Records for the task.

*** Begin section ***

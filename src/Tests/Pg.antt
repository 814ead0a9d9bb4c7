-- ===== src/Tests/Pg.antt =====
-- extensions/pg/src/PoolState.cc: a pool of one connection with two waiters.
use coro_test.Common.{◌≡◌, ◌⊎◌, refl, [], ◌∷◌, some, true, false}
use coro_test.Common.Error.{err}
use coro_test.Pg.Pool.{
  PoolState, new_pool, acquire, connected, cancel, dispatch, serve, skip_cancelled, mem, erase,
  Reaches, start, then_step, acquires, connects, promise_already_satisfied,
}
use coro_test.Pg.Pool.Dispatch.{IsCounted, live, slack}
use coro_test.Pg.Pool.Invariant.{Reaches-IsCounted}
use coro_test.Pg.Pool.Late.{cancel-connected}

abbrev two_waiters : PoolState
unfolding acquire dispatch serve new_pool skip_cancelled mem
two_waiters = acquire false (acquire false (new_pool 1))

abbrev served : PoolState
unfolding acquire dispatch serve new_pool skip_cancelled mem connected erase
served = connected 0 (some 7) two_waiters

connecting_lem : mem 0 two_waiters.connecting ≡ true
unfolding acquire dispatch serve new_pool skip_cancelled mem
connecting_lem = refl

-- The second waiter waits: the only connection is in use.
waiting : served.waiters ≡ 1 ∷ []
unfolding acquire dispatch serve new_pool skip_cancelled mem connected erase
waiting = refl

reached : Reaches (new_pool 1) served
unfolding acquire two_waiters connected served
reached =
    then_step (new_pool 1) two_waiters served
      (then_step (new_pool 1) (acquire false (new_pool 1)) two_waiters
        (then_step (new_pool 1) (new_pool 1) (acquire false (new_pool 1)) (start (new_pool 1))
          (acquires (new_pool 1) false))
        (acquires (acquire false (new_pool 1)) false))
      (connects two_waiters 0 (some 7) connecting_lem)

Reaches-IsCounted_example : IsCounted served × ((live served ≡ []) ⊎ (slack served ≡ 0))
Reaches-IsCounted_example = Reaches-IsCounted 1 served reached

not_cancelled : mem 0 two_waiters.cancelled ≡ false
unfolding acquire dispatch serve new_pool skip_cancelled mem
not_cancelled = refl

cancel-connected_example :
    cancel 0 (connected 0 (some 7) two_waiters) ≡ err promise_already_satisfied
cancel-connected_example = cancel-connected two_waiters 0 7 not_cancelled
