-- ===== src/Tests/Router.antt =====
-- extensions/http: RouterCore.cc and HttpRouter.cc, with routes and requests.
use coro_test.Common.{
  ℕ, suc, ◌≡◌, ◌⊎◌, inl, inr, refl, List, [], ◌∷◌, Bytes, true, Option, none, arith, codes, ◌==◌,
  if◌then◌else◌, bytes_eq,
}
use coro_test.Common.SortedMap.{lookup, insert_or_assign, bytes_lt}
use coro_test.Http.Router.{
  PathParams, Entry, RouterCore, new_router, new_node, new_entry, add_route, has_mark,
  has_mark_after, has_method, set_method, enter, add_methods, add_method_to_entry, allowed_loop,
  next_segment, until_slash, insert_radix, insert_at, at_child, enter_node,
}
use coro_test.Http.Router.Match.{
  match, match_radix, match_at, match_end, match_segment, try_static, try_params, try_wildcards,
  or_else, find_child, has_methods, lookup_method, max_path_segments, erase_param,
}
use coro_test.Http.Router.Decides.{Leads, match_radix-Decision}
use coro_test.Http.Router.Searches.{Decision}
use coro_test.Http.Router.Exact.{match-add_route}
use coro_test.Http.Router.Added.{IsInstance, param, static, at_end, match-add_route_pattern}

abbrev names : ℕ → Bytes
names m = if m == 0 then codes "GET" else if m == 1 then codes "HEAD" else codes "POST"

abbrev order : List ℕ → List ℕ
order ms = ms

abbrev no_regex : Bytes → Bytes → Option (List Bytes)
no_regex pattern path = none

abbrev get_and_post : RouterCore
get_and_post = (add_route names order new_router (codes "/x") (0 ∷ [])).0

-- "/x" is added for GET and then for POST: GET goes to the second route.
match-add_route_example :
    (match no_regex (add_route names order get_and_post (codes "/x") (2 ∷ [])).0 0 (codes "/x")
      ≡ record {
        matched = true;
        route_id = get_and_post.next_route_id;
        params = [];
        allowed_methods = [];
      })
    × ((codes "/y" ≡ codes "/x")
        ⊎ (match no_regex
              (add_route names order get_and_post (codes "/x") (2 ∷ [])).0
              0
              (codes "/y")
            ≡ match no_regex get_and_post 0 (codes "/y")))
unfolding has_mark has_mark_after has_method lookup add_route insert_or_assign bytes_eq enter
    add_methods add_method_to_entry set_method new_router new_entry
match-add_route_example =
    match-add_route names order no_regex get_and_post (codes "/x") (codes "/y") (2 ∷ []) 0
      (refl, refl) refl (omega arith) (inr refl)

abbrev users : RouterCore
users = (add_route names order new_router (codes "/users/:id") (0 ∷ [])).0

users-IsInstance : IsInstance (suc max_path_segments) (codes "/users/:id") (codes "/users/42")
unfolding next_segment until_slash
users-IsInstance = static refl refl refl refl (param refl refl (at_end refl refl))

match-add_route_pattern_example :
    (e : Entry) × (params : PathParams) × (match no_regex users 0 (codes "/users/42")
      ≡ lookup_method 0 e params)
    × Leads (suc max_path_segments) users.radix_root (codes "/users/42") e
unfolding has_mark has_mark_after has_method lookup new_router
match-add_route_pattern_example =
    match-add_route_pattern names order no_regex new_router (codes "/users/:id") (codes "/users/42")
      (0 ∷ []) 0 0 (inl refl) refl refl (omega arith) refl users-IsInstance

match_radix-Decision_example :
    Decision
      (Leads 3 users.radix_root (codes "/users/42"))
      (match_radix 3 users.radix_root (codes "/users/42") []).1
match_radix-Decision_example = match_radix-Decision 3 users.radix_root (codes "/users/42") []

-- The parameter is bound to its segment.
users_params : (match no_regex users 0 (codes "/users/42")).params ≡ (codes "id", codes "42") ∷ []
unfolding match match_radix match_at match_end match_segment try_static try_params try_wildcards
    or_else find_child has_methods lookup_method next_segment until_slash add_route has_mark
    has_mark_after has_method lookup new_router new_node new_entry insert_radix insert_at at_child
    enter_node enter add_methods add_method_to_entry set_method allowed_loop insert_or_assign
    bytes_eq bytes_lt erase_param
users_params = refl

*** End section ***
*** Begin section ***

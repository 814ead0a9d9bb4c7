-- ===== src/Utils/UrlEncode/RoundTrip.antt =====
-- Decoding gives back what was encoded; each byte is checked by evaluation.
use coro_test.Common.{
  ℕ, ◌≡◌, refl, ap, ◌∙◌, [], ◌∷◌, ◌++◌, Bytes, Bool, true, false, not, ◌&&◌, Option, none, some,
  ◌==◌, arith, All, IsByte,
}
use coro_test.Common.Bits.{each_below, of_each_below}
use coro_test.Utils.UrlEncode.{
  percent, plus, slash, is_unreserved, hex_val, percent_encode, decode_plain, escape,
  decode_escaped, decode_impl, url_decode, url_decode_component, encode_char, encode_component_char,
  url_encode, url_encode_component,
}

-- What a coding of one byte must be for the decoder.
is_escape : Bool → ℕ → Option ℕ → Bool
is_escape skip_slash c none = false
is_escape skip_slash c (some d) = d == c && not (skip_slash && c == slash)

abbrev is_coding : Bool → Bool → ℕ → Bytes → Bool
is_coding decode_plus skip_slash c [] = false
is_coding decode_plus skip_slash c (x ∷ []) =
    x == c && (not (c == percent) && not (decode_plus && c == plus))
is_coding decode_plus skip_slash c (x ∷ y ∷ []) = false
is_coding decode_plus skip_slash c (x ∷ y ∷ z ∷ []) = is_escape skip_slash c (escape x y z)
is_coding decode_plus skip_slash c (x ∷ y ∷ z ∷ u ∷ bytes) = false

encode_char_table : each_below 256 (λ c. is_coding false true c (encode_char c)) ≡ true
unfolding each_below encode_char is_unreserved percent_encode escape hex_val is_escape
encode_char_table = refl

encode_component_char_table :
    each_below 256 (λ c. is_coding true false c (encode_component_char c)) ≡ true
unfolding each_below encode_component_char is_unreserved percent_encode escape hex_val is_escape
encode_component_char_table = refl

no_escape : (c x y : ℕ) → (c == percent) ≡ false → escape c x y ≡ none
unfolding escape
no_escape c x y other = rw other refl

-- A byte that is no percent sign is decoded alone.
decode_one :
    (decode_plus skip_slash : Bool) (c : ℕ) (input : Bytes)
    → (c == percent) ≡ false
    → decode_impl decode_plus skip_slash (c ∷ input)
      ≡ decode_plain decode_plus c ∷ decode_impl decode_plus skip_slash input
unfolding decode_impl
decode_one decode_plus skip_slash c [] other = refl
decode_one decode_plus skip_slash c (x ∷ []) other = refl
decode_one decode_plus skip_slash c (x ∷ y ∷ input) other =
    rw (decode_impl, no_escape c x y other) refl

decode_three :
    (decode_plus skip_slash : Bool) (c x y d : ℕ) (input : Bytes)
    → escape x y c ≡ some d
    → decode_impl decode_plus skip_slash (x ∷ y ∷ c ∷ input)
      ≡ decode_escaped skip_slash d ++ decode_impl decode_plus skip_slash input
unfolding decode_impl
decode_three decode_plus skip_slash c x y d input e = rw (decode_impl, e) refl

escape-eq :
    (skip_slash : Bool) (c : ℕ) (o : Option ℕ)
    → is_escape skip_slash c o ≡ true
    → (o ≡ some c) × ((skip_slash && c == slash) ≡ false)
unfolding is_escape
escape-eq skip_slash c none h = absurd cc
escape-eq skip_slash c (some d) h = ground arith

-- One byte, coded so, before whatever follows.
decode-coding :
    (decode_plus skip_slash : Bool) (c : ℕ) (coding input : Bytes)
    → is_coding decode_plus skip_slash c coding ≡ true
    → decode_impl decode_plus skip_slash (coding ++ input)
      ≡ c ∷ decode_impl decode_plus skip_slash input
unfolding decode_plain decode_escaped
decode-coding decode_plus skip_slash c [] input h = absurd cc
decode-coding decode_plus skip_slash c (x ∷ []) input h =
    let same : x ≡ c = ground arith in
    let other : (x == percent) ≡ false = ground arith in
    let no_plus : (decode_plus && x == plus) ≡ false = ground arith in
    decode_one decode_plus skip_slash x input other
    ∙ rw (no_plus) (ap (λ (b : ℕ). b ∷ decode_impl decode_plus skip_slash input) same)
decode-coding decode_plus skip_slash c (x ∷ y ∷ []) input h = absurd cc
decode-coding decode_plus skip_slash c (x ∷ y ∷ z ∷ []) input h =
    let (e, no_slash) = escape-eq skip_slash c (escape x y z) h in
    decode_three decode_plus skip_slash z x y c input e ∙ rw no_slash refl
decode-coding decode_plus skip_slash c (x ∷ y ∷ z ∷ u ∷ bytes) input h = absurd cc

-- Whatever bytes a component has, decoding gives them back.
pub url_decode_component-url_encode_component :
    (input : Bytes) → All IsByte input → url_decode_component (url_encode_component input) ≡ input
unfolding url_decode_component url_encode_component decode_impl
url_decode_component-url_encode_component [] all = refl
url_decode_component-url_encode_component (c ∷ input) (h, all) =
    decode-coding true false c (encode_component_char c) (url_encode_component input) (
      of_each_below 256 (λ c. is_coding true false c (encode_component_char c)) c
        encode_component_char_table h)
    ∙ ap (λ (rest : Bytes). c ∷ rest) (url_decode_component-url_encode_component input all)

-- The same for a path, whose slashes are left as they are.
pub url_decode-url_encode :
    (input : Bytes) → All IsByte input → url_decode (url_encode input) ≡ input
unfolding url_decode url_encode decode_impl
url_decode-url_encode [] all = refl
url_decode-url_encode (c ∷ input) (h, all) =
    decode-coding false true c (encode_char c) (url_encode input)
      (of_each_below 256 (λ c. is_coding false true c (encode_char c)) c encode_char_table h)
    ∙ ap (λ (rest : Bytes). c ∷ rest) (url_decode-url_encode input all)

*** End section ***
*** Begin section ***

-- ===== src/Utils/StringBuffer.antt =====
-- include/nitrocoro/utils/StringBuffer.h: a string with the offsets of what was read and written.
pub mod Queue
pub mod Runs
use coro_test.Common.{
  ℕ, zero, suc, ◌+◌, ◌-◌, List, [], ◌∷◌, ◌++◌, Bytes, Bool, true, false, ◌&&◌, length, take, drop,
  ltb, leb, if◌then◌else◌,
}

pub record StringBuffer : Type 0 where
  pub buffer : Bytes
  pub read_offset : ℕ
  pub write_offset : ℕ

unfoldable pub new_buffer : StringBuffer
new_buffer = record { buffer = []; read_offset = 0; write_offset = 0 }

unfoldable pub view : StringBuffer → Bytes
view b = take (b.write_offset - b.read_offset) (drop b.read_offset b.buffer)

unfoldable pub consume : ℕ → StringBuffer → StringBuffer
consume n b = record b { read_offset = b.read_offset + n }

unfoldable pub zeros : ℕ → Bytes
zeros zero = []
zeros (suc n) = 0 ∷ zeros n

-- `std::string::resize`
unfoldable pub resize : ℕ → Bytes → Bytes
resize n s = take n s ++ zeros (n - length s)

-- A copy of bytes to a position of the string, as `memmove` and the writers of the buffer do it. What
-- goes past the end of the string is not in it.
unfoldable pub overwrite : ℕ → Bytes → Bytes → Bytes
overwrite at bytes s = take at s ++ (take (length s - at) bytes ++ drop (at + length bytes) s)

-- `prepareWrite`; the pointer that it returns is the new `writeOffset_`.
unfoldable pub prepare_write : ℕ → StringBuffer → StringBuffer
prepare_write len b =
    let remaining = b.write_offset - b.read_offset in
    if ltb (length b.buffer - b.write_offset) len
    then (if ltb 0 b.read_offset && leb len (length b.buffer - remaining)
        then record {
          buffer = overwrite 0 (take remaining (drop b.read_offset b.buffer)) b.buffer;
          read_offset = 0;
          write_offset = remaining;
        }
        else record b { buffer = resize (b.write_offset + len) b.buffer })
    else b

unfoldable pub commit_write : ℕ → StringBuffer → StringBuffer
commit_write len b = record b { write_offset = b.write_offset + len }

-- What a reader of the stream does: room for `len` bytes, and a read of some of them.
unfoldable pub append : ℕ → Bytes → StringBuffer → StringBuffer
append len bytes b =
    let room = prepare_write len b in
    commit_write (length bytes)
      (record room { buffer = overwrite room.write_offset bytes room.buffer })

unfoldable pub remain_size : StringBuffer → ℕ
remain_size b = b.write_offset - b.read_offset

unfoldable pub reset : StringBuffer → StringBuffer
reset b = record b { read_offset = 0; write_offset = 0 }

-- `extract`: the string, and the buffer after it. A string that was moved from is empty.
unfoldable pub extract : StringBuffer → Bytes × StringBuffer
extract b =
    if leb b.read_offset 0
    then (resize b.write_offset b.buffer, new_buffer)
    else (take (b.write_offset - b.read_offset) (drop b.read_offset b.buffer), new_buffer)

*** End section ***

Using the entries above, repeat only the lines from the one containing "match-add_route names order" through the one containing "-- The parameter is bound to its segment.", end lines included.

    match-add_route names order no_regex get_and_post (codes "/x") (codes "/y") (2 ∷ []) 0
      (refl, refl) refl (omega arith) (inr refl)

abbrev users : RouterCore
users = (add_route names order new_router (codes "/users/:id") (0 ∷ [])).0

users-IsInstance : IsInstance (suc max_path_segments) (codes "/users/:id") (codes "/users/42")
unfolding next_segment until_slash
users-IsInstance = static refl refl refl refl (param refl refl (at_end refl refl))

match-add_route_pattern_example :
    (e : Entry) × (params : PathParams) × (match no_regex users 0 (codes "/users/42")
      ≡ lookup_method 0 e params)
    × Leads (suc max_path_segments) users.radix_root (codes "/users/42") e
unfolding has_mark has_mark_after has_method lookup new_router
match-add_route_pattern_example =
    match-add_route_pattern names order no_regex new_router (codes "/users/:id") (codes "/users/42")
      (0 ∷ []) 0 0 (inl refl) refl refl (omega arith) refl users-IsInstance

match_radix-Decision_example :
    Decision
      (Leads 3 users.radix_root (codes "/users/42"))
      (match_radix 3 users.radix_root (codes "/users/42") []).1
match_radix-Decision_example = match_radix-Decision 3 users.radix_root (codes "/users/42") []

-- The parameter is bound to its segment.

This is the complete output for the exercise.